When I was younger 'beginner' I had a weanling.. recipe for disaster.. nope? though in saying that a heck of a lot *could *of gone extremely wrong! ha ha!
We got her professionally broken and didn't attempt to do it ourselves which is a different story!

I'm pretty open minded when it comes to 'greenies' teaching young horses new things considering I taught my grey gelding _EVERYTHING_ he knew, I got him as an abused, scared horse and he turned into a very well educated dressage horse.. though I only done 1 dressage test on him and showed him instead ha ha, I WAS a greenie too! 

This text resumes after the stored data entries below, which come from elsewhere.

-- ===== src/Harness/Turn/Closing.antt =====
-- src/harness/loop.ts: the end of one round.
use loomctl.Harness.Turn.Steps.{
  is_finish, Quiet, Stable, Keeps, append-Keeps, enter-Keeps, at_iteration-Keeps,
}
use loomctl.Base.{
  ◌≡◌, refl, ℕ, ◌+◌, Bool, true, false, ◌&&◌, String, Option, none, some, List, [], ◌∷◌, ◌++◌,
  length,
}
use loomctl.Harness.Events.{VerificationResult, HarnessStatus}
use loomctl.Harness.Executor.{◌>>=◌, return, WorkspaceExecutor}
use loomctl.Harness.Triples.{Holds, Triple, bind, weaken, before, pure}
use loomctl.Harness.Options.{AgentStep, RunHarnessOptions, or_else}
use loomctl.Harness.Run.{
  Phase, Event, finish, pause, assistant_message, verified, evaluated, reviewed, review_gate,
  deployment_gate, Run, Summary, RunError, PauseRequest, close, summarize, is_assistant_message,
}
use loomctl.Harness.Turn.Steps.{
  guard_abort-Keeps, run_actions-Keeps, asked_to_pause-Keeps, ask_agent-Keeps,
  run_commands_of-Keeps,
}
use loomctl.Harness.Turn.{
  verify, evaluate, evaluate_with, review, review_with, append_if, conclude, gate_is_ok, finish_run,
  pause_run, finish_if, take_step, pause_or_step, turn,
}

module _ {W : Type 0} where
  -- The run has ended with this summary: its last event says the status, and `I` held before it.
  abbrev pub Closes : (Run W → Type 0) → Summary → Run W → Type 0
  Closes I summary s =
      (t : Run W) × I t × (s ≡ record t { log = t.log ++ (finish summary.status ∷ []) })

  abbrev pub Ends : (Run W → Type 0) → Option Summary → Run W → Type 0
  Ends I none s = I s
  Ends I (some summary) s = Closes I summary s

  pub close-Closes :
      (I : Run W → Type 0) (status : HarnessStatus) (r d : Bool) (e : Option RunError)
      → Triple I (close status r d e) (Closes I) I
  unfolding close summarize Holds
  close-Closes I status r d e = record { holds = λ s h. (s, h, refl) }

module _ {W : Type 0} (executor : WorkspaceExecutor W) (options : RunHarnessOptions W)
    {I : Run W → Type 0} (stable : Stable I) where
  verify-Keeps : Keeps I (verify executor options)
  unfolding verify is_finish is_assistant_message
  verify-Keeps =
      bind
        (run_commands_of-Keeps stable executor options Phase.verification options.verify_commands
          verified (λ v. (refl, refl)))
        λ v.
          pure v (λ s. record s { verification = some v }) (λ s h. stable.verification s (some v) h)

  evaluate_with-Keeps : (commands : List String) → Keeps I (evaluate_with executor options commands)
  unfolding evaluate_with is_finish is_assistant_message
  evaluate_with-Keeps [] = pure tt (λ s. s) (λ s h. h)
  evaluate_with-Keeps (c ∷ cs) =
      bind
        (run_commands_of-Keeps stable executor options Phase.evaluation (c ∷ cs) evaluated
          (λ v. (refl, refl)))
        λ v. pure tt (λ s. record s { evaluation = some v }) (λ s h. stable.evaluation s (some v) h)

  evaluate-Keeps : (on : Bool) → Keeps I (evaluate executor options on)
  unfolding evaluate
  evaluate-Keeps false = pure tt (λ s. s) (λ s h. h)
  evaluate-Keeps true = evaluate_with-Keeps options.evaluation_commands

  review_with-Keeps : (commands : List String) → Keeps I (review_with executor options commands)
  unfolding review_with is_finish is_assistant_message
  review_with-Keeps [] = pure tt (λ s. s) (λ s h. h)
  review_with-Keeps (c ∷ cs) =
      bind
        (run_commands_of-Keeps stable executor options Phase.reviewer (c ∷ cs) reviewed
          (λ v. (refl, refl)))
        λ v. pure tt (λ s. record s { reviewer = some v }) (λ s h. stable.reviewer s (some v) h)

  pub review-Keeps : (on : Bool) → Keeps I (review executor options on)
  unfolding review
  review-Keeps false = pure tt (λ s. s) (λ s h. h)
  review-Keeps true = review_with-Keeps options.reviewer_commands

  pub append_if-Keeps :
      (on : Bool) (e : Event) → Quiet e → Keeps I (append_if executor options on e)
  unfolding append_if
  append_if-Keeps true e quiet = append-Keeps stable e quiet
  append_if-Keeps false e quiet = pure tt (λ s. s) (λ s h. h)

  conclude-Closes : (gate_ok : Bool) → Triple I (conclude executor options gate_ok) (Closes I) I
  unfolding conclude is_finish is_assistant_message
  conclude-Closes gate_ok =
      bind (append_if-Keeps (gate_ok && options.review_required) review_gate (refl, refl)) λ _.
        bind (append_if-Keeps (gate_ok && options.deployment_required) deployment_gate (refl, refl))
          λ _. close-Closes I _ _ _ _

  gate_is_ok-Keeps : (v : VerificationResult) → Keeps I (gate_is_ok executor options v)
  unfolding gate_is_ok Holds
  gate_is_ok-Keeps v = record { holds = λ s h. h }

  finish_run-Closes : Triple I (finish_run executor options) (Closes I) I
  unfolding finish_run
  finish_run-Closes = bind verify-Keeps λ v. bind (evaluate-Keeps v.ok) λ _.
      bind (gate_is_ok-Keeps v) λ gate_ok. bind (review-Keeps gate_ok) λ _. conclude-Closes gate_ok

  pause_run-Closes :
      (request : PauseRequest) → Triple I (pause_run executor options request) (Closes I) I
  unfolding pause_run is_finish is_assistant_message
  pause_run-Closes request = bind (enter-Keeps stable Phase.paused) λ _.
      bind
        (append-Keeps stable
          (pause (record request { reason = some (or_else request.reason "run paused") }))
          (refl, refl))
        λ _. close-Closes I HarnessStatus.paused false false none

  finish_if-Ends : (on : Bool) → Triple I (finish_if executor options on) (Ends I) I
  unfolding finish_if
  finish_if-Ends false = pure none (λ s. s) (λ s h. h)
  finish_if-Ends true = bind finish_run-Closes λ summary. pure (some summary) (λ s. s) (λ s h. h)

  pause-Ends :
      (request : PauseRequest)
      → Triple I (pause_run executor options request >>= λ s. return (some s)) (Ends I) I
  pause-Ends request =
      bind (pause_run-Closes request) λ summary. pure (some summary) (λ s. s) (λ s h. h)

-- A round, from `I` to `J`: the message of the agent makes the difference.
module _ {W : Type 0} (executor : WorkspaceExecutor W) (options : RunHarnessOptions W)
    {I J : Run W → Type 0} (stable : Stable I) (stable' : Stable J)
    (weaker : (s : Run W) → I s → J s)
    (message : (s : Run W) (text : String) (plan : Option String) (n count : ℕ) (finishes : Bool)
      → I s
      → J (record s { log = s.log ++ (assistant_message text plan n count finishes ∷ []) })) where
  take_step-Ends :
      (n : ℕ) (step : AgentStep) → Triple I (take_step executor options n step) (Ends J) J
  unfolding take_step
  take_step-Ends n step =
      bind
        (pure tt
          (λ s. record s {
            log =
                s.log
                ++ (assistant_message step.message step.plan n (length step.actions) step.finish
                    ∷ []);
          })
          (λ s h. message s step.message step.plan n (length step.actions) step.finish h))
        λ _.
          bind (run_actions-Keeps stable' executor options step.actions)
            λ _. finish_if-Ends executor options stable' step.finish

  pause_or_step-Ends :
      (n : ℕ) (request : Option PauseRequest)
      → Triple I (pause_or_step executor options n request) (Ends J) J
  unfolding pause_or_step
  pause_or_step-Ends n (some request) = before weaker (pause-Ends executor options stable' request)
  pause_or_step-Ends n none =
      bind (weaken (λ a s h. h) weaker (ask_agent-Keeps stable executor options)) (take_step-Ends n)

  pub turn-Ends : (offset n : ℕ) → Triple I (turn executor options offset n) (Ends J) J
  unfolding turn
  turn-Ends offset n = bind (weaken (λ a s h. h) weaker (at_iteration-Keeps stable (some n))) λ _.
      bind (weaken (λ a s h. h) weaker (enter-Keeps stable Phase.agent_next)) λ _.
        bind (weaken (λ a s h. h) weaker (guard_abort-Keeps stable executor options)) λ _.
          bind (weaken (λ a s h. h) weaker (asked_to_pause-Keeps stable executor options))
            (pause_or_step-Ends (offset + n))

In the end if they're not abusing, neglecting etc the horse they can do what they wish, if we all worried about what everyone else is doing.. we'd have no time to worry about our own problems!


----------



## lilkitty90 (Nov 11, 2009)

when i was young i rode a horse on a leadline. as soon as i sat on it it bucked me off and i was bit by the horse bug, when i turned 15 my parents bought me a mustang that had never been ridden.. and i had never rode a horse since being bucked off, i broke this girl myself and she's now one of the best horses we have, i am now 18 and she's had tons of miles put on her by me, sure i bet she could be better with a proffesional, but me and her work very effeciently together and we can accomplish anythign we set our minds to from pole bending to jumping, we can do it. there are success stories, and of course i knew nothing of horses when i first started so my bit consisted of a ported shank bit, then i went bridle shopping and bought the "prettiest" bit i could find. it was luckily an Argentine snaffle with shanks(yeah not a snaffle but thats what it's called) it's a very mild bit and i luckily found the bit that she works perfectly in, as i learned about the forum i begin to critique myself and find ways to train her in ways i hadn't before and all we do is grow together!

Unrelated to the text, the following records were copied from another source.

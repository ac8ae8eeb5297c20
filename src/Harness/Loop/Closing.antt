-- ===== src/Harness/Loop/Closing.antt =====
-- src/harness/loop.ts: how `runHarness` ends and what its log then holds.
use mathlib.Core.List.{append-nil, append_assoc}
use loomctl.Base.{
  ◌≡◌, refl, sym, ◌∙◌, ap, ℕ, zero, suc, ◌+◌, ◌≤◌, Bool, true, false, ◌||◌, if◌then◌else◌, String,
  Option, none, some, List, [], ◌∷◌, ◌++◌, any, arith,
}
use loomctl.Harness.Events.{HarnessStatus}
use loomctl.Harness.Executor.{Failure, Attempt, done, threw, Io, ◌>>◌, return, WorkspaceExecutor}
use loomctl.Harness.Triples.{Holds, Triple, bind, weaken, before, pure}
use loomctl.Harness.Options.{RunHarnessOptions}
use loomctl.Harness.Run.{
  Phase, Event, finish, assistant_message, prepare_started, prepare_passed, Run, Summary, append,
  enter, at_iteration, outside, close, summarize, cancel, is_assistant_message,
  assistant_message_count,
}
use loomctl.Harness.Turn.Steps.{
  is_finish, Quiet, Stable, Keeps, append-Keeps, enter-Keeps, at_iteration-Keeps, outside-Keeps,
}
use loomctl.Harness.Turn.Closing.{Closes, Ends, close-Closes, turn-Ends}
use loomctl.Harness.Loop.{
  opening, prepare_workspace, give_up, max_iteration_error, or_continue, iterate, body, handle,
  is_cancelled, run_error, settle, starting, rounds, run_harness,
}

any_finish-append :
    (xs : List Event) (e : Event) → any is_finish (xs ++ (e ∷ [])) ≡ any is_finish xs || is_finish e
any_finish-append [] e = ground arith
any_finish-append (x ∷ xs) e = ground (arith, any_finish-append xs e)

count-append :
    (xs : List Event) (e : Event)
    → assistant_message_count (xs ++ (e ∷ [])) ≤ suc (assistant_message_count xs)
unfolding assistant_message_count
count-append [] e = ground arith
count-append (x ∷ xs) e = ground (arith, count-append xs e)

count-append_quiet :
    (xs : List Event) (e : Event)
    → is_assistant_message e ≡ false
    → assistant_message_count (xs ++ (e ∷ [])) ≡ assistant_message_count xs
unfolding assistant_message_count
count-append_quiet [] e quiet = ground arith
count-append_quiet (x ∷ xs) e quiet = ground (arith, count-append_quiet xs e quiet)

module _ {W : Type 0} {I : Run W → Type 0} (stable : Stable I) (executor : WorkspaceExecutor W)
    (options : RunHarnessOptions W) where
  pub prepare-Keeps : Keeps I (prepare_workspace executor options)
  unfolding prepare_workspace is_finish is_assistant_message
  prepare-Keeps =
      elim executor.prepare
        as (λ p. Keeps I (elim p [
          | none ↦ return tt
          | some prepare ↦
              enter Phase.workspace_prepare
              >> (at_iteration none
                  >> (append prepare_started >> (outside prepare >> append prepare_passed)))
        ])) [
          | none ↦ pure tt (λ s. s) (λ s h. h)
          | some prepare ↦ bind (enter-Keeps stable Phase.workspace_prepare) λ _.
              bind (at_iteration-Keeps stable none) λ _.
                bind (append-Keeps stable prepare_started (refl, refl)) λ _.
                  bind (outside-Keeps stable prepare)
                    λ _. append-Keeps stable prepare_passed (refl, refl)
        ]

module _ {W : Type 0} (base : List Event) where
  -- The log is the first events and more, none of which ends the run, with at most `k` rounds.
  abbrev pub Open : ℕ → Run W → Type 0
  Open k s =
      (new : List Event) × (s.log ≡ base ++ new)
      × (any is_finish new ≡ false)
      × (assistant_message_count new ≤ k)

  Open-append :
      (k : ℕ) (s : Run W) (e : Event)
      → Quiet e
      → Open k s
      → Open k (record s { log = s.log ++ (e ∷ []) })
  Open-append k s e (silent, quiet) (new, eq, calm, bound) = (
    new ++ (e ∷ []),
    ap (λ l. l ++ (e ∷ [])) eq ∙ append_assoc base new (e ∷ []),
    ground (arith, any_finish-append new e),
    omega (arith, count-append_quiet new e quiet),
  )

  Open-Stable : (k : ℕ) → Stable (Open k)
  Open-Stable k = record {
    world = λ s w h. h;
    phase = λ s p h. h;
    iteration = λ s n h. h;
    verification = λ s v h. h;
    evaluation = λ s v h. h;
    reviewer = λ s v h. h;
    append = λ s e quiet h. Open-append k s e quiet h;
  }

  Open-le : (k m : ℕ) → k ≤ m → (s : Run W) → Open k s → Open m s
  Open-le k m h s (new, eq, calm, bound) = (new, eq, calm, omega (arith, h, bound))

  Open-message :
      (k : ℕ) (s : Run W) (text : String) (plan : Option String) (n count : ℕ) (finishes : Bool)
      → Open k s
      → Open
          (suc k)
          (record s { log = s.log ++ (assistant_message text plan n count finishes ∷ []) })
  unfolding is_finish
  Open-message k s text plan n count finishes (new, eq, calm, bound) =
      let e = assistant_message text plan n count finishes in
      (
        new ++ (e ∷ []),
        ap (λ l. l ++ (e ∷ [])) eq ∙ append_assoc base new (e ∷ []),
        ground (arith, any_finish-append new e),
        omega (arith, count-append new e, bound),
      )

  module _ (executor : WorkspaceExecutor W) (options : RunHarnessOptions W) where
    give_up-Closes :
        (k m : ℕ) → Triple (Open k) (give_up executor options m) (Closes (Open k)) (Open k)
    unfolding give_up is_finish is_assistant_message
    give_up-Closes k m = bind (enter-Keeps (Open-Stable k) Phase.max_iterations) λ _.
        bind (at_iteration-Keeps (Open-Stable k) none) λ _.
          bind
            (append-Keeps (Open-Stable k) (Event.error (max_iteration_error executor options m))
              (refl, refl))
            λ _.
              close-Closes (Open k) HarnessStatus.failed false false
                (some (max_iteration_error executor options m))

    continue-Closes :
        (k K : ℕ) (rest : Io (Run W) Summary)
        → k ≤ K
        → Triple (Open k) rest (Closes (Open K)) (Open K)
        → (r : Option Summary)
        → Triple (Ends (Open k) r) (or_continue executor options rest r) (Closes (Open K)) (Open K)
    unfolding or_continue Holds
    continue-Closes k K rest fits h none = h
    continue-Closes k K rest fits h (some summary) = record {
      holds = λ s (t, before_it, eq). (t, Open-le k K fits t before_it, eq);
    }

    iterate-Closes :
        (K m offset left n k : ℕ)
        → k + left ≤ K
        → Triple (Open k) (iterate executor options m offset left n) (Closes (Open K)) (Open K)
    unfolding iterate or_continue
    iterate-Closes K m offset zero n k fits =
        before (Open-le k K (omega (arith, fits))) (give_up-Closes K m)
    iterate-Closes K m offset (suc left) n k fits =
        bind
          (weaken (λ r s h. h) (Open-le (suc k) K (omega (arith, fits)))
            (turn-Ends executor options (Open-Stable k) (Open-Stable (suc k))
              (Open-le k (suc k) (omega arith)) (Open-message k) offset n))
          (continue-Closes (suc k) K _ (omega (arith, fits))
            (iterate-Closes K m offset left (suc n) (suc k) (omega (arith, fits))))

    body-Closes :
        (m offset : ℕ) → Triple (Open 0) (body executor options m offset) (Closes (Open m)) (Open m)
    unfolding body
    body-Closes m offset =
        bind (weaken (λ a s h. h) (Open-le 0 m (omega arith)) (outside-Keeps (Open-Stable 0) _))
          λ _.
            bind
              (weaken (λ a s h. h) (Open-le 0 m (omega arith))
                (prepare-Keeps (Open-Stable 0) executor options))
              λ _. iterate-Closes m m offset m 1 0 (omega arith)

    -- The call has returned a summary and closed the log.
    abbrev Returned : ℕ → Attempt Summary (Run W) → Type 0
    Returned k r =
        (summary : Summary) × (t : Run W) × (r ≡ done summary t) × Closes (Open k) summary t

    either :
        (k : ℕ) (b : Bool) (x y : Attempt Summary (Run W))
        → Returned k x
        → Returned k y
        → Returned k (if b then x else y)
    either k true x y h h' = h
    either k false x y h h' = h'

    handle-Returned :
        (k : ℕ) (e : Failure) (s : Run W) → Open k s → Returned k (handle executor options e s)
    unfolding handle close summarize is_finish is_assistant_message
    handle-Returned k e s h =
        either k (is_cancelled executor options e s.world) _ _
          (
            _,
            _,
            refl,
            (_, Open-append k s (cancel e.message s.phase s.iteration) (refl, refl) h, refl),
          )
          (
            _,
            _,
            refl,
            (
              _,
              Open-append k s (Event.error (run_error executor options e s)) (refl, refl) h,
              refl,
            ),
          )

    settle-Returned :
        (k : ℕ) (r : Attempt Summary (Run W))
        → Holds (Closes (Open k)) (Open k) r
        → Returned k (settle executor options r)
    unfolding settle Holds
    settle-Returned k (done summary s) h = (summary, s, refl, h)
    settle-Returned k (threw e s) h = handle-Returned k e s h

module _ {W : Type 0} (executor : WorkspaceExecutor W) (options : RunHarnessOptions W) where
  -- A run returns: whatever the agent answers or throws, and whenever it is aborted, `run_harness` ends with
  -- a summary. Its log is then the opening events, events that do not finish the run, and one `finish` event
  -- at the end with the status of the summary, and it has at most as many rounds as `maxIterations`.
  pub run_harness_closes :
      (w : W)
      → (summary : Summary) × (s : Run W) × (new : List Event) × (run_harness executor options w
          ≡ done summary s)
        × (s.log ≡ opening executor options options.resume ++ (new ++ (finish summary.status ∷ [])))
        × (any is_finish new ≡ false)
        × (assistant_message_count new ≤ rounds executor options)
  unfolding run_harness starting assistant_message_count
  run_harness_closes w =
      let (summary, s, ran, (t, (new, eq, calm, bound), closed)) =
        settle-Returned (opening executor options options.resume) executor options
          (rounds executor options) _
          ((body-Closes (opening executor options options.resume) executor options
              (rounds executor options)
              (assistant_message_count (opening executor options options.resume))).holds
            (starting executor options w)
            ([], sym (append-nil (opening executor options options.resume)), refl, omega arith)) in
      (
        summary,
        s,
        new,
        ran,
        ap (λ r. r.log) closed
            ∙ ap (λ l. l ++ (finish summary.status ∷ [])) eq
            ∙ append_assoc (opening executor options options.resume) new
                (finish summary.status ∷ []),
        calm,
        bound,
      )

i don't know what you can do to help them, but i thought i would throw in my success story.


----------



## waresbear (Jun 18, 2011)

There is a sentence is your post that I need clarification on - 'I've seen the filly pitch a fit, rear and the like, when taken out of the field and made to work and actually listen by an experienced handler. '


Who was taking the filly out of the field and working her? The experienced handler is ?


----------